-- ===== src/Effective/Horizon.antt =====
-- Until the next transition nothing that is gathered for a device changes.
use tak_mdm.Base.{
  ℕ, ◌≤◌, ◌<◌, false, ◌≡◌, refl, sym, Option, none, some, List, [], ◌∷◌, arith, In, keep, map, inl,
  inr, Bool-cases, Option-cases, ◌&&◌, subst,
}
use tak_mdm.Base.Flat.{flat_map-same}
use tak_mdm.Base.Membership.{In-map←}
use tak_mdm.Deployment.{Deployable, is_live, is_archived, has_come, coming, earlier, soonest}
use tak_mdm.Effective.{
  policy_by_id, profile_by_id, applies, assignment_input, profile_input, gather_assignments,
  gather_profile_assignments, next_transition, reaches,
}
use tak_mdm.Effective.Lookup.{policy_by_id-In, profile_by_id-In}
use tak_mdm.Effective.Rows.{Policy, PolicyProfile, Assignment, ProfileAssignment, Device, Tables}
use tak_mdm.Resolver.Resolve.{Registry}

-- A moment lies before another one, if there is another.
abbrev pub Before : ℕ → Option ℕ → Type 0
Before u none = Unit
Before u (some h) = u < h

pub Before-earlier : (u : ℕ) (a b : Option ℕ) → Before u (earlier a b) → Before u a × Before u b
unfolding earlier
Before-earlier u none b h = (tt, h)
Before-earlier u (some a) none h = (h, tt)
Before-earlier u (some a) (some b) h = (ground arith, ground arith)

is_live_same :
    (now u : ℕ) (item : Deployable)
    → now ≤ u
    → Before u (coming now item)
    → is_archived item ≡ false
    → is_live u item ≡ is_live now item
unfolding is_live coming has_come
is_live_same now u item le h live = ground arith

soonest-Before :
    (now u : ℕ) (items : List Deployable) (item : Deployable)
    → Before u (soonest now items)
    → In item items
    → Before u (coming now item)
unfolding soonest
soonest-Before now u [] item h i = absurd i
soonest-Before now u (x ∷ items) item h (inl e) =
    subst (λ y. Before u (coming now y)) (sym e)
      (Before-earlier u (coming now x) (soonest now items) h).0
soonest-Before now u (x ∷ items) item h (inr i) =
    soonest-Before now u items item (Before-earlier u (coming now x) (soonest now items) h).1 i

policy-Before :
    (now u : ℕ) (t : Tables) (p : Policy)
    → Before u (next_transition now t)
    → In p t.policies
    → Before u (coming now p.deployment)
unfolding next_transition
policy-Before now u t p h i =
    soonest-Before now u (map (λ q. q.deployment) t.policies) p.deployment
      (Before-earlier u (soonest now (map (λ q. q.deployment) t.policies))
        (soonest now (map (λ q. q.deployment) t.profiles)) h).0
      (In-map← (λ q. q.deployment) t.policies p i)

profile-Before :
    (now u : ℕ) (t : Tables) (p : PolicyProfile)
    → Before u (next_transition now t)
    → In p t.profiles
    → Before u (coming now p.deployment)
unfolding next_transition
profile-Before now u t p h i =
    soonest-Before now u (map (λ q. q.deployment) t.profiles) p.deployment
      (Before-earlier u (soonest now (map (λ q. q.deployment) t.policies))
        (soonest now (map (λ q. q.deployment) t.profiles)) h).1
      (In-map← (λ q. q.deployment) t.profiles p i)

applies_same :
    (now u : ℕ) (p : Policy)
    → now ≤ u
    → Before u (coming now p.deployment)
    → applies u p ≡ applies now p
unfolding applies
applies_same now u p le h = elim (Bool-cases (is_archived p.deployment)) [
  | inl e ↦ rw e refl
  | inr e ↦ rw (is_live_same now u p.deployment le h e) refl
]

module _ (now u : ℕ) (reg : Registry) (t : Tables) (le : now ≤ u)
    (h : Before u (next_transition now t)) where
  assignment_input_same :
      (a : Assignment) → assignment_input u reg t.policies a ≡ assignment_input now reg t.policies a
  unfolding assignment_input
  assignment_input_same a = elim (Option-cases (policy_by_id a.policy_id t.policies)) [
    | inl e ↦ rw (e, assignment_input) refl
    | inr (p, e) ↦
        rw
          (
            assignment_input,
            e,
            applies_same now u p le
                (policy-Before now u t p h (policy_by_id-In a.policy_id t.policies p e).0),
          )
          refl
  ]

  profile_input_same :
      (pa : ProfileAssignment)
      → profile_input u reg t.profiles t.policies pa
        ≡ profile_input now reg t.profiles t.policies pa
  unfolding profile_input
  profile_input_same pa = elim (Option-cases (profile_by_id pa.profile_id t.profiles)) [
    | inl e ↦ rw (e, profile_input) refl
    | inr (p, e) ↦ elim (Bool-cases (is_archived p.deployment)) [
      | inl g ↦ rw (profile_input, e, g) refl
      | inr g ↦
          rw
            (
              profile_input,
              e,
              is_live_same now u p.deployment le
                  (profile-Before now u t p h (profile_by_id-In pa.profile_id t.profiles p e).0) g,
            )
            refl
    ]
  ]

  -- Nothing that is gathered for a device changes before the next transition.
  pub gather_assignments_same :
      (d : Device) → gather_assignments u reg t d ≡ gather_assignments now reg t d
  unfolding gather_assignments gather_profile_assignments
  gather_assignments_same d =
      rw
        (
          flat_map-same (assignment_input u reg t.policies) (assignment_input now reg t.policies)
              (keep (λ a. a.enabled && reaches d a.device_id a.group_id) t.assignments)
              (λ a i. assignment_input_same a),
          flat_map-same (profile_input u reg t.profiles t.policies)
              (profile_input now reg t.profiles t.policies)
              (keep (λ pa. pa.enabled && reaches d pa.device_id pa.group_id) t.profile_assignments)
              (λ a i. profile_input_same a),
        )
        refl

◆ ◆ ◆

WHAT YOU NEED TO DO
Pull every line containing "subst" out of the records.

ANSWER SPACE
  inr, Bool-cases, Option-cases, ◌&&◌, subst,
    subst (λ y. Before u (coming now y)) (sym e)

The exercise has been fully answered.